_EXERCISE DETAILS_: Among the entries below, please repeat exactly and only the lines from the line containing "no_ints f (x" to the line containing "copy_ints-words m f zero left (x", both lines included.

(Dataset entries)
BEGIN
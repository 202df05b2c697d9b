-- ===== src/Preprocess/Split.antt =====
-- partition/preprocess/criteoTB_script/split_train_test.cpp, main: a file of queries is cut in two. The
-- rounding of 0.8 times the number of queries and the shuffled numbers are arguments, as is
-- max_copy_size, the numbers that the buffers hold. `none`: the file is too short, which fread reports
-- and main does not test.
pub mod Copy
pub mod Cut
use max_embed.Prelude.{
  ℕ, zero, suc, ◌+◌, ◌-◌, ◌%◌, ◌^◌, Bool, List, [], ◌∷◌, ◌++◌, Option, none, some, ltb, ◌==◌,
  if◌then◌else◌, get_or, map, length, take, drop,
}
use max_embed.Words.{u64, longs_of, words_of}
use max_embed.PartitionStep.Input.{read_longs, read_ints}

-- copy_size
unfoldable pub chunk_size : ℕ → ℕ → ℕ
chunk_size max_copy_size left = if ltb max_copy_size left then max_copy_size else left

-- while (left > 0), on 64-bit numbers, which `f` changes: what is written, and what is left of the
-- file. Every chunk has at least one number, so `left` rounds are enough.
unfoldable pub copy_longs : ℕ → (ℕ → ℕ) → ℕ → ℕ → List ℕ → Option (List ℕ × List ℕ)
copy_longs m f zero left file = some ([], file)
copy_longs m f (suc fuel) left file =
    let chunk : Option (List ℕ × List ℕ) = elim (read_longs (chunk_size m left) file) [
      | none ↦ none
      | some (xs, rest) ↦ elim (copy_longs m f fuel (left - chunk_size m left) rest) [
        | none ↦ none
        | some (out, rest') ↦ some (longs_of (map f xs) ++ out, rest')
      ]
    ] in
    if left == 0 then some ([], file) else chunk

-- The same on 32-bit numbers.
unfoldable pub copy_ints : ℕ → (ℕ → ℕ) → ℕ → ℕ → List ℕ → Option (List ℕ × List ℕ)
copy_ints m f zero left file = some ([], file)
copy_ints m f (suc fuel) left file =
    let size = chunk_size m left in
    let chunk : Option (List ℕ × List ℕ) = elim (read_ints size file) [
      | none ↦ none
      | some xs ↦ elim (copy_ints m f fuel (left - size) (drop size file)) [
        | none ↦ none
        | some (out, rest) ↦ some (words_of (map f xs) ++ out, rest)
      ]
    ] in
    if left == 0 then some ([], file) else chunk

-- for (i = 0; i < copy_size; i++), on the numbers that were read.
unfoldable pub reindex_first : (ℕ → ℕ) → ℕ → List ℕ → List ℕ
reindex_first f copy_size xs = map f (take copy_size xs) ++ drop copy_size xs

-- while (true): the rest of the file, in chunks of max_copy_size; each has at least one number.
unfoldable pub copy_rest : ℕ → (ℕ → ℕ) → ℕ → ℕ → List ℕ → List ℕ
copy_rest m f copy_size zero file = []
copy_rest m f copy_size (suc fuel) file =
    let rest = copy_rest m f copy_size fuel (drop m file) in
    if length file == 0 then [] else words_of (reindex_first f copy_size (take m file)) ++ rest

-- The copy_size that the first loop leaves; before it the variable has no value.
unfoldable pub last_chunk : ℕ → ℕ → ℕ → ℕ
last_chunk m zero left = 0
last_chunk m (suc fuel) left =
    let rest = last_chunk m fuel (left - m) in if ltb m left then rest else left

abbrev pub sub64 : ℕ → ℕ → ℕ
sub64 offset x = (x + (2 ^ 64 - offset)) % 2 ^ 64

-- The two files behind their headers: `f` renumbers, `copy_size` is left from the first loop.
unfoldable pub split_body : ℕ → (ℕ → ℕ) → ℕ → ℕ → ℕ → List ℕ → Option (List ℕ × List ℕ)
split_body m f copy_size train_len test_len file =
    elim (copy_longs m (λ x. x) train_len train_len file) [
      | none ↦ none
      | some (train_index, file1) ↦ elim (read_longs 1 file1) [
        | none ↦ none
        | some (offsets, file2) ↦
            let test_offset = get_or offsets 0 0 in
            elim (copy_longs m (sub64 test_offset) test_len test_len file2) [
              | none ↦ none
              | some (test_index, file3) ↦ elim (copy_ints m f test_offset test_offset file3) [
                | none ↦ none
                | some (train_data, file4) ↦ some (
                  train_index ++ (longs_of offsets ++ train_data),
                  u64 0 ++ (test_index ++ copy_rest m f copy_size (length file4) file4),
                )
              ]
            ]
      ]
    ]

-- `eighty` is edge_count * 0.8 in a size_t; without is_reindex `f` is the identity.
unfoldable pub split_train_test : ℕ → (ℕ → ℕ) → (ℕ → ℕ) → List ℕ → Option (List ℕ × List ℕ)
split_train_test m eighty f file = elim (read_longs 2 file) [
  | none ↦ none
  | some (sizes, body) ↦
      let edge_count = get_or sizes 0 0 in
      let node_count = get_or sizes 1 0 in
      let train_len = eighty edge_count in
      let test_len = edge_count - train_len in
      elim (split_body m f (last_chunk m train_len train_len) train_len test_len body) [
        | none ↦ none
        | some (train, test) ↦
            some
              (u64 train_len ++ (u64 node_count ++ train), u64 test_len ++ (u64 node_count ++ test))
      ]
]
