-- ===== src/Preprocess/Split/Copy.antt =====
-- partition/preprocess/criteoTB_script/split_train_test.cpp: copying in chunks is copying.
use max_embed.Prelude.{
  ℕ, zero, suc, ◌-◌, ◌/◌, ◌^◌, ◌≤◌, ◌<◌, ◌≡◌, refl, sym, ap, subst, ◌∙◌, List, [], ◌∷◌, ◌++◌,
  Option, some, arith, ◌==◌, All, map, length, length-append, take, drop, Bool-cases, ==_of_ne,
  le→leb, inl, inr, ==→eq, length-take_le, length-drop,
}
use mathlib.Core.List.{append_assoc, map-append}
use max_embed.Words.{u32, longs_of, words_of}
use max_embed.Words.Laws.{take-append, drop-append}
use max_embed.PartitionStep.Input.{read_longs, read_ints, read_longs-longs_of}
use max_embed.Preprocess.Split.{chunk_size, copy_longs, copy_ints, reindex_first, copy_rest}

take-drop : (n : ℕ) (xs : List ℕ) → take n xs ++ drop n xs ≡ xs
take-drop zero xs = refl
take-drop (suc n) [] = refl
take-drop (suc n) (x ∷ xs) = ap (λ ys. x ∷ ys) (take-drop n xs)

pub longs_of-append : (xs ys : List ℕ) → longs_of (xs ++ ys) ≡ longs_of xs ++ longs_of ys
unfolding longs_of
longs_of-append [] ys = refl
longs_of-append (x ∷ xs) ys = ap (λ zs. u32 x ∷ u32 (x / 2 ^ 32) ∷ zs) (longs_of-append xs ys)

words_of-append : (xs ys : List ℕ) → words_of (xs ++ ys) ≡ words_of xs ++ words_of ys
unfolding words_of
words_of-append [] ys = refl
words_of-append (x ∷ xs) ys = ap (λ zs. u32 x ∷ zs) (words_of-append xs ys)

chunk_bounds :
    (m left : ℕ) → 0 < m → 0 < left → (0 < chunk_size m left) × (chunk_size m left ≤ left)
unfolding chunk_size
chunk_bounds m left p q = (ground arith, ground arith)

pub All-take : (P : ℕ → Type 0) (n : ℕ) (xs : List ℕ) → All P xs → All P (take n xs)
All-take P zero xs h = tt
All-take P (suc n) [] h = tt
All-take P (suc n) (x ∷ xs) h = (h.0, All-take P n xs h.1)

All-drop : (P : ℕ → Type 0) (n : ℕ) (xs : List ℕ) → All P xs → All P (drop n xs)
All-drop P zero xs h = h
All-drop P (suc n) [] h = tt
All-drop P (suc n) (x ∷ xs) h = All-drop P n xs h.1

no_longs :
    (f : ℕ → ℕ) (xs rest : List ℕ)
    → length xs ≡ 0
    → ◌≡◌ {A = Option (List ℕ × List ℕ)}
        (some ([], longs_of xs ++ rest))
        (some (longs_of (map f xs), rest))
unfolding longs_of
no_longs f [] rest z = refl
no_longs f (x ∷ xs) rest z = absurd (omega (arith, z))

no_ints :
    (f : ℕ → ℕ) (xs rest : List ℕ)
    → length xs ≡ 0
    → ◌≡◌ {A = Option (List ℕ × List ℕ)} (some ([], xs ++ rest)) (some (words_of (map f xs), rest))
unfolding words_of
no_ints f [] rest z = refl
no_ints f (x ∷ xs) rest z = absurd (omega (arith, z))

-- Copying in chunks is copying.
pub copy_longs-longs_of :
    (m : ℕ) (f : ℕ → ℕ) (fuel left : ℕ) (xs rest : List ℕ)
    → 0 < m
    → length xs ≡ left
    → left ≤ fuel
    → All (λ x. x < 2 ^ 64) xs
    → copy_longs m f fuel left (longs_of xs ++ rest) ≡ some (longs_of (map f xs), rest)
unfolding copy_longs longs_of
copy_longs-longs_of m f zero left [] rest p e l s = refl
copy_longs-longs_of m f zero left (x ∷ xs) rest p e l s = absurd (omega (arith, e, l))
copy_longs-longs_of m f (suc fuel) left xs rest p e l s = elim (Bool-cases (left == 0)) [
  | inl z ↦ rw z (no_longs f xs rest (omega (arith, e, ==→eq left 0 z)))
  | inr z ↦
      let n = chunk_size m left in
      let (low, high) = chunk_bounds m left p (ground (arith, z)) in
      let first = take n xs in
      let later = drop n xs in
      let size : length first ≡ n = length-take_le n xs (omega (arith, e, high)) in
      let read : read_longs n (longs_of xs ++ rest) ≡ some (first, longs_of later ++ rest) =
        subst (λ k. read_longs k (longs_of xs ++ rest) ≡ some (first, longs_of later ++ rest)) size
          (ap (λ ys. read_longs (length first) (ys ++ rest))
              (ap longs_of (sym (take-drop n xs)) ∙ longs_of-append first later)
            ∙ ap (read_longs (length first)) (append_assoc (longs_of first) (longs_of later) rest)
            ∙ read_longs-longs_of first (longs_of later ++ rest) (All-take _ n xs s)) in
      let more =
        copy_longs-longs_of m f fuel (left - n) later rest p (omega (arith, length-drop n xs, e))
          (omega (arith, l, low)) (All-drop _ n xs s) in
      let whole : longs_of (map f first) ++ longs_of (map f later) ≡ longs_of (map f xs) =
        sym (longs_of-append (map f first) (map f later))
        ∙ ap longs_of (sym (map-append f first later) ∙ ap (map f) (take-drop n xs)) in
      rw z (rw read (rw more (ap (λ ys. some (ys, rest)) whole)))
]

pub copy_ints-words :
    (m : ℕ) (f : ℕ → ℕ) (fuel left : ℕ) (xs rest : List ℕ)
    → 0 < m
    → length xs ≡ left
    → left ≤ fuel
    → copy_ints m f fuel left (xs ++ rest) ≡ some (words_of (map f xs), rest)
unfolding copy_ints read_ints words_of
copy_ints-words m f zero left [] rest p e l = refl
copy_ints-words m f zero left (x ∷ xs) rest p e l = absurd (omega (arith, e, l))
copy_ints-words m f (suc fuel) left xs rest p e l = elim (Bool-cases (left == 0)) [
  | inl z ↦ rw z (no_ints f xs rest (omega (arith, e, ==→eq left 0 z)))
  | inr z ↦
      let n = chunk_size m left in
      let (low, high) = chunk_bounds m left p (ground (arith, z)) in
      let first = take n xs in
      let later = drop n xs in
      let size : length first ≡ n = length-take_le n xs (omega (arith, e, high)) in
      let split : xs ++ rest ≡ first ++ (later ++ rest) =
        ap (λ ys. ys ++ rest) (sym (take-drop n xs)) ∙ append_assoc first later rest in
      let read : read_ints n (xs ++ rest) ≡ some first = rw split (
        rw
          (
            le→leb n (length (first ++ (later ++ rest)))
                (omega (arith, size, length-append first (later ++ rest))),
            read_ints,
          )
          (ap some (take-append first (later ++ rest) n size))) in
      let dropped : drop n (xs ++ rest) ≡ later ++ rest =
        ap (drop n) split ∙ drop-append first (later ++ rest) n size in
      let more =
        copy_ints-words m f fuel (left - n) later rest p (omega (arith, length-drop n xs, e))
          (omega (arith, l, low)) in
      let whole : words_of (map f first) ++ words_of (map f later) ≡ words_of (map f xs) =
        sym (words_of-append (map f first) (map f later))
        ∙ ap words_of (sym (map-append f first later) ∙ ap (map f) (take-drop n xs)) in
      rw z (rw read (rw dropped (rw more (ap (λ ys. some (ys, rest)) whole))))
]

pub map-id : (xs : List ℕ) → map (λ x. x) xs ≡ xs
map-id [] = refl
map-id (x ∷ xs) = ap (λ ys. x ∷ ys) (map-id xs)

pub copy_rest-words :
    (m copy_size fuel : ℕ) (xs : List ℕ)
    → 0 < m
    → length xs ≤ fuel
    → copy_rest m (λ x. x) copy_size fuel xs ≡ words_of xs
unfolding copy_rest reindex_first words_of
copy_rest-words m cs zero [] p l = refl
copy_rest-words m cs zero (x ∷ xs) p l = absurd (omega (arith, l))
copy_rest-words m cs (suc fuel) [] p l = refl
copy_rest-words m cs (suc fuel) (x ∷ xs) p l =
    let all = x ∷ xs in
    let more = copy_rest-words m cs fuel (drop m all) p (omega (arith, length-drop m all, p, l)) in
    let chunk : map (λ y. y) (take cs (take m all)) ++ drop cs (take m all) ≡ take m all =
      ap (λ ys. ys ++ drop cs (take m all)) (map-id (take cs (take m all)))
      ∙ take-drop cs (take m all) in
    rw (==_of_ne (length all) 0 (λ z. omega (arith, z))) (
      rw more (
        ap (λ ys. words_of ys ++ words_of (drop m all)) chunk
        ∙ sym (words_of-append (take m all) (drop m all))
        ∙ ap words_of (take-drop m all)))
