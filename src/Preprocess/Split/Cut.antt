-- ===== src/Preprocess/Split/Cut.antt =====
-- partition/preprocess/criteoTB_script/split_train_test.cpp: the two files, without is_reindex.
use max_embed.Prelude.{List}
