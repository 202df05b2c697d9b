-- ===== src/Preprocess/Tests.antt =====
-- Runs of read_and_trans and merge_result at concrete lines, and their theorems there.
use max_embed.Prelude.{
  ℕ, ◌+◌, ◌*◌, ◌/◌, zero, suc, ◌^◌, ◌≤◌, ◌<◌, ◌≡◌, refl, List, [], ◌∷◌, none, some, arith, All, map,
  length, take, drop, count, replicate,
}
use max_embed.Words.{words_of, longs_of}
use max_embed.Queries.{open_reader, get, index_at}
use max_embed.Queries.RoundTrip.{keys_of_lines}
use max_embed.Preprocess.{
  tab, newline, get_number, skip_tabs, keep_number, read_numbers, process_line,
}
use max_embed.Preprocess.Fields.{
  value_from, tabbed, digit_fields, digit_code, nonzero, process_line-fields,
}
use max_embed.Preprocess.Files.{TextLine, IsRegular, text}
use max_embed.Preprocess.Merge.{
  find_key, reindex_key, reindex, merge_record, merge_file, merge_files, total_rec, start,
  merge_result,
}
use max_embed.Preprocess.Names.{decode}
use max_embed.Preprocess.Chain.{records_in, read_all, merged_query}
use max_embed.Queries.{collect, write_queries}
use max_embed.PartitionStep.Input.{read_longs, read_ints}
use max_embed.Preprocess.Split.{
  chunk_size, copy_longs, copy_ints, reindex_first, copy_rest, last_chunk, split_body,
  split_train_test,
}

-- Fourteen fields that hold one character each.
abbrev ignored : List (List ℕ)
ignored = replicate 14 (55 ∷ [])

-- The numbers 0x1a and 0x3 around an empty field, and then 0x3 alone.
abbrev first : TextLine
first = record { ignored = ignored; field = 1 ∷ 10 ∷ []; fields = [] ∷ (3 ∷ []) ∷ [] }

abbrev second : TextLine
second = record { ignored = ignored; field = 3 ∷ []; fields = [] }

first_numbers : process_line (text first) ≡ some (26 ∷ 3 ∷ [])
unfolding process_line skip_tabs read_numbers keep_number get_number tabbed digit_fields digit_code
first_numbers = refl

-- An upper-case digit counts as 0.
upper_case : read_numbers (65 ∷ 49 ∷ newline ∷ []) 0 [] ≡ some (1 ∷ [])
unfolding read_numbers keep_number get_number
upper_case = refl

-- A line with too few fields.
short_line : process_line (49 ∷ tab ∷ newline ∷ []) ≡ none
unfolding process_line skip_tabs
short_line = refl

first_few : length (nonzero (map (value_from 0) (first.field ∷ first.fields))) ≤ 26
unfolding nonzero value_from
first_few = omega arith

second_few : length (nonzero (map (value_from 0) (second.field ∷ second.fields))) ≤ 26
unfolding nonzero value_from
second_few = omega arith

-- One number more than the array holds.
too_many : process_line (tabbed ignored (digit_fields (1 ∷ []) (replicate 26 (1 ∷ [])))) ≡ none
unfolding process_line skip_tabs read_numbers keep_number get_number tabbed digit_fields digit_code
too_many = refl

no_tabs : All (All (λ ch. ¬ (ch ≡ tab))) ignored
no_tabs = All_replicate 14
  where
    other : ¬ (55 ≡ tab)
    other e = omega (arith, e)

    All_replicate : (n : ℕ) → All (All (λ ch. ¬ (ch ≡ tab))) (replicate n (55 ∷ []))
    All_replicate zero = tt
    All_replicate (suc n) = ((other, tt), All_replicate n)

first-IsRegular : IsRegular first
first-IsRegular = record {
  fourteen = refl;
  no_tab = no_tabs;
  digits = (omega arith, (omega arith, tt));
  all_digits = (tt, ((omega arith, tt), tt));
  few = first_few;
}

second-IsRegular : IsRegular second
second-IsRegular = record {
  fourteen = refl;
  no_tab = no_tabs;
  digits = (omega arith, tt);
  all_digits = tt;
  few = second_few;
}

process_line-fields_example :
    process_line (text first) ≡ some (nonzero (map (value_from 0) (first.field ∷ first.fields)))
process_line-fields_example =
    process_line-fields ignored first.field first.fields refl no_tabs first-IsRegular.digits
      first-IsRegular.all_digits first_few

merged :
    get (open_reader (merge_result ((2 ∷ 2 ∷ 26 ∷ 3 ∷ 1 ∷ 3 ∷ []) ∷ (1 ∷ 1 ∷ 26 ∷ []) ∷ []))) 1 2
    ≡ 1 ∷ 0 ∷ []
unfolding get open_reader index_at merge_result merge_files merge_file merge_record reindex
    reindex_key find_key total_rec start words_of longs_of
merged = refl

abbrev texts : List (List TextLine)
texts = (first ∷ second ∷ []) ∷ (second ∷ []) ∷ []

records : records_in texts ≡ (26 ∷ 3 ∷ []) ∷ (3 ∷ []) ∷ (3 ∷ []) ∷ []
unfolding nonzero value_from
records = refl

few_keys : length (keys_of_lines (records_in texts)) < 2 ^ 32
unfolding nonzero value_from
few_keys = omega arith

merged_query_example :
    (files : List (List ℕ)) × (names : List ℕ) × (read_all (map (map text) texts) ≡ some files)
    × (let r = open_reader (merge_result files) in
        (r.index_len ≡ length (records_in texts))
        × (r.item_cnt ≡ length names)
        × All (λ k. k < length names) (get r 1 2)
        × (decode names (get r 1 2) ≡ keys_of_lines (take 2 (drop 1 (records_in texts)))))
    × ((k : ℕ) → count k names ≤ 1)
    × ((k : ℕ) → count k names ≤ count k (keys_of_lines (records_in texts)))
merged_query_example =
    merged_query texts 1 2 ((first-IsRegular, (second-IsRegular, tt)), ((second-IsRegular, tt), tt))
      few_keys (omega arith) (omega arith)

-- Four queries, of which three are for training; the buffers hold two numbers.
abbrev three_quarters : ℕ → ℕ
three_quarters n = n * 3 / 4

abbrev queries : List (List ℕ)
queries = (4 ∷ []) ∷ (2 ∷ 5 ∷ []) ∷ (7 ∷ []) ∷ (1 ∷ 0 ∷ 3 ∷ []) ∷ []

-- With is_reindex, and every number renumbered to the next one: the first loop leaves copy_size at 1,
-- so in the file for testing the 0 behind the first key keeps its old number.
stale :
    split_train_test 2 three_quarters (λ x. x + 1) (write_queries 8 queries)
    ≡ some (
      write_queries 8 ((5 ∷ []) ∷ (3 ∷ 6 ∷ []) ∷ (8 ∷ []) ∷ []),
      write_queries 8 ((2 ∷ 0 ∷ 4 ∷ []) ∷ []),
    )
unfolding split_train_test split_body copy_longs copy_ints copy_rest reindex_first last_chunk
    chunk_size read_longs read_ints longs_of words_of write_queries collect
stale = refl
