-- ===== src/Queries/Tests.antt =====
-- A run of trans_query and RequestReader at concrete lines, and their theorem there.
use max_embed.Prelude.{ℕ, ◌^◌, ◌<◌, ◌≡◌, refl, List, [], ◌∷◌, arith, All, take, drop}
use max_embed.Words.{words_of, longs_of}
use max_embed.Queries.{collect, write_queries, index_at, open_reader, get}
use max_embed.Queries.RoundTrip.{keys_of_lines, get-write_queries}

abbrev lines : List (List ℕ)
lines = (4 ∷ 2 ∷ []) ∷ (7 ∷ []) ∷ (1 ∷ 0 ∷ []) ∷ []

keys_small : All (λ k. k < 2 ^ 32) (keys_of_lines lines)
keys_small = (omega arith, (omega arith, (omega arith, (omega arith, (omega arith, tt)))))

-- The last batch has one line.
last_batch : get (open_reader (write_queries 8 lines)) 2 2 ≡ 1 ∷ 0 ∷ []
unfolding get open_reader write_queries collect index_at words_of longs_of
last_batch = refl

get-write_queries_example :
    let r = open_reader (write_queries 8 lines) in
    (r.index_len ≡ 3)
    × (r.item_cnt ≡ 8)
    × (r.data_len ≡ 5)
    × (get r 1 2 ≡ keys_of_lines (take 2 (drop 1 lines)))
get-write_queries_example =
    get-write_queries 8 lines 1 2 keys_small (omega arith) (omega arith) (omega arith) (omega arith)
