-- ===== src/Replication.antt =====
-- partition/src/replication_step.cpp: hot nodes get further pages, which they share with nodes that
-- often stand in an edge with them. main is in Assemble, what it calls and its loops in the others.
pub mod Csr
pub mod Scores
pub mod Select
pub mod Assemble
pub mod Chain
mod Tests
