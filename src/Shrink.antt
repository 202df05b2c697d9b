-- ===== src/Shrink.antt =====
-- partition/src/shrink_replication.cpp, main, and read_mapping of partition/src/partition.cpp: the
-- replicas in parts from tar_part_cnt on are left out. Counts are below 2 ^ 31; the floating-point
-- number node_cnt * (1 + tar_rep_ratio), cut to an int, is the argument tar_total_cnt.
pub mod Filter
pub mod RoundTrip
mod Tests
use max_embed.Prelude.{
  ℕ, zero, suc, ◌+◌, ◌-◌, ◌/◌, Bool, List, [], ◌∷◌, ◌++◌, Option, none, some, ltb, ◌==◌,
  if◌then◌else◌, get_or, length, take, drop,
}
use max_embed.Words.{u32, u64, read_u64, words_of}

pub record MappingInfo : Type 0 where
  pub mapping : List ℕ
  pub idx : List ℕ
  pub cnt : List ℕ
  pub part_cnt : ℕ
  pub vertex_cnt : ℕ
  pub total_cnt : ℕ

-- for (i = 0; i < vertex_cnt; i++) part_cnt = std::max(part_cnt, mapping[i]): `n` rounds are left.
unfoldable pub max_part : List ℕ → ℕ → ℕ → ℕ → ℕ
max_part mapping zero i part_cnt = part_cnt
max_part mapping (suc n) i part_cnt =
    max_part mapping n (i + 1)
      (if ltb part_cnt (get_or mapping i 0) then get_or mapping i 0 else part_cnt)

unfoldable pub read_mapping : List ℕ → MappingInfo
read_mapping words =
    let vertex_cnt = u32 (read_u64 words 0) in
    let total_cnt = u32 (read_u64 words 2) in
    let mapping = take total_cnt (drop (4 + vertex_cnt + vertex_cnt) words) in
    record {
      mapping = mapping;
      idx = take vertex_cnt (drop 4 words);
      cnt = take vertex_cnt (drop (4 + vertex_cnt) words);
      part_cnt = max_part mapping vertex_cnt 0 0 + 1;
      vertex_cnt = vertex_cnt;
      total_cnt = total_cnt;
    }

-- part2node[part].push_back(i); the order of the map's entries is not looked at.
unfoldable pub push_node : ℕ → ℕ → List (ℕ × List ℕ) → List (ℕ × List ℕ)
push_node part i [] = (part, i ∷ []) ∷ []
push_node part i ((p, nodes) ∷ entries) =
    if p == part then (p, nodes ++ i ∷ []) ∷ entries else (p, nodes) ∷ push_node part i entries

-- for (j = 0; j < cnt[i]; j++): `n` rounds are left, at place `at` of mapping.
unfoldable pub collect_node : List ℕ → ℕ → ℕ → ℕ → List (ℕ × List ℕ) → List (ℕ × List ℕ)
collect_node mapping i zero at parts = parts
collect_node mapping i (suc n) at parts =
    collect_node mapping i n (at + 1) (push_node (get_or mapping at 0) i parts)

-- The loop over the nodes, with part2node and tot_cnt.
unfoldable pub collect_parts : MappingInfo → ℕ → ℕ → List (ℕ × List ℕ) → ℕ → List (ℕ × List ℕ) × ℕ
collect_parts info zero i parts tot_cnt = (parts, tot_cnt)
collect_parts info (suc n) i parts tot_cnt =
    let cnt = get_or info.cnt i 0 in
    collect_parts info n (i + 1) (collect_node info.mapping i cnt (get_or info.idx i 0) parts)
      (tot_cnt + cnt)

unfoldable pub max_size : List (ℕ × List ℕ) → ℕ → ℕ
max_size [] m = m
max_size ((p, nodes) ∷ entries) m =
    max_size entries (if ltb m (length nodes) then length nodes else m)

-- The vectors new_idx, new_cnt and new_mapping.
pub record Shrunk : Type 0 where
  pub new_idx : List ℕ
  pub new_cnt : List ℕ
  pub new_mapping : List ℕ

-- for (j = 0; j < cnt[i]; j++): new_mapping and cnt.
unfoldable pub shrink_node : ℕ → List ℕ → ℕ → ℕ → List ℕ × ℕ → List ℕ × ℕ
shrink_node tar mapping zero at r = r
shrink_node tar mapping (suc n) at (new_mapping, cnt) =
    let part = get_or mapping at 0 in
    shrink_node tar mapping n (at + 1)
      (if ltb part tar then (new_mapping ++ part ∷ [], cnt + 1) else (new_mapping, cnt))

unfoldable pub shrink_all : ℕ → MappingInfo → ℕ → ℕ → Shrunk → Shrunk
shrink_all tar info zero i s = s
shrink_all tar info (suc n) i s =
    let r =
      shrink_node tar info.mapping (get_or info.cnt i 0) (get_or info.idx i 0) (s.new_mapping, 0) in
    shrink_all tar info n (i + 1) (record {
      new_idx = s.new_idx ++ length s.new_mapping ∷ [];
      new_cnt = s.new_cnt ++ r.1 ∷ [];
      new_mapping = r.0;
    })

unfoldable pub write_shrunk : ℕ → Shrunk → List ℕ
write_shrunk node_cnt s =
    u64 node_cnt
    ++ (u64 (length s.new_mapping)
        ++ (words_of s.new_idx ++ (words_of s.new_cnt ++ words_of s.new_mapping)))

abbrev pub nothing_shrunk : Shrunk
nothing_shrunk = record { new_idx = []; new_cnt = []; new_mapping = [] }

-- `none` is the failed assert. A largest part of no nodes, by which the source would divide, stands
-- only in a mapping without entries.
unfoldable pub shrink : ℕ → List ℕ → Option (List ℕ)
shrink tar_total_cnt words =
    let info = read_mapping words in
    let (parts, tot_cnt) = collect_parts info info.vertex_cnt 0 [] 0 in
    let max_part_size = max_size parts 0 in
    let tar_part_cnt = (tar_total_cnt + (max_part_size - 1)) / max_part_size in
    if tot_cnt == info.total_cnt
    then some (
        write_shrunk info.vertex_cnt
          (shrink_all tar_part_cnt info info.vertex_cnt 0 nothing_shrunk))
    else none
END
_RESPONSE TO THIS EXERCISE_:
no_ints f (x ∷ xs) rest z = absurd (omega (arith, z))

-- Copying in chunks is copying.
pub copy_longs-longs_of :
    (m : ℕ) (f : ℕ → ℕ) (fuel left : ℕ) (xs rest : List ℕ)
    → 0 < m
    → length xs ≡ left
    → left ≤ fuel
    → All (λ x. x < 2 ^ 64) xs
    → copy_longs m f fuel left (longs_of xs ++ rest) ≡ some (longs_of (map f xs), rest)
unfolding copy_longs longs_of
copy_longs-longs_of m f zero left [] rest p e l s = refl
copy_longs-longs_of m f zero left (x ∷ xs) rest p e l s = absurd (omega (arith, e, l))
copy_longs-longs_of m f (suc fuel) left xs rest p e l s = elim (Bool-cases (left == 0)) [
  | inl z ↦ rw z (no_longs f xs rest (omega (arith, e, ==→eq left 0 z)))
  | inr z ↦
      let n = chunk_size m left in
      let (low, high) = chunk_bounds m left p (ground (arith, z)) in
      let first = take n xs in
      let later = drop n xs in
      let size : length first ≡ n = length-take_le n xs (omega (arith, e, high)) in
      let read : read_longs n (longs_of xs ++ rest) ≡ some (first, longs_of later ++ rest) =
        subst (λ k. read_longs k (longs_of xs ++ rest) ≡ some (first, longs_of later ++ rest)) size
          (ap (λ ys. read_longs (length first) (ys ++ rest))
              (ap longs_of (sym (take-drop n xs)) ∙ longs_of-append first later)
            ∙ ap (read_longs (length first)) (append_assoc (longs_of first) (longs_of later) rest)
            ∙ read_longs-longs_of first (longs_of later ++ rest) (All-take _ n xs s)) in
      let more =
        copy_longs-longs_of m f fuel (left - n) later rest p (omega (arith, length-drop n xs, e))
          (omega (arith, l, low)) (All-drop _ n xs s) in
      let whole : longs_of (map f first) ++ longs_of (map f later) ≡ longs_of (map f xs) =
        sym (longs_of-append (map f first) (map f later))
        ∙ ap longs_of (sym (map-append f first later) ∙ ap (map f) (take-drop n xs)) in
      rw z (rw read (rw more (ap (λ ys. some (ys, rest)) whole)))
]

pub copy_ints-words :
    (m : ℕ) (f : ℕ → ℕ) (fuel left : ℕ) (xs rest : List ℕ)
    → 0 < m
    → length xs ≡ left
    → left ≤ fuel
    → copy_ints m f fuel left (xs ++ rest) ≡ some (words_of (map f xs), rest)
unfolding copy_ints read_ints words_of
copy_ints-words m f zero left [] rest p e l = refl
copy_ints-words m f zero left (x ∷ xs) rest p e l = absurd (omega (arith, e, l))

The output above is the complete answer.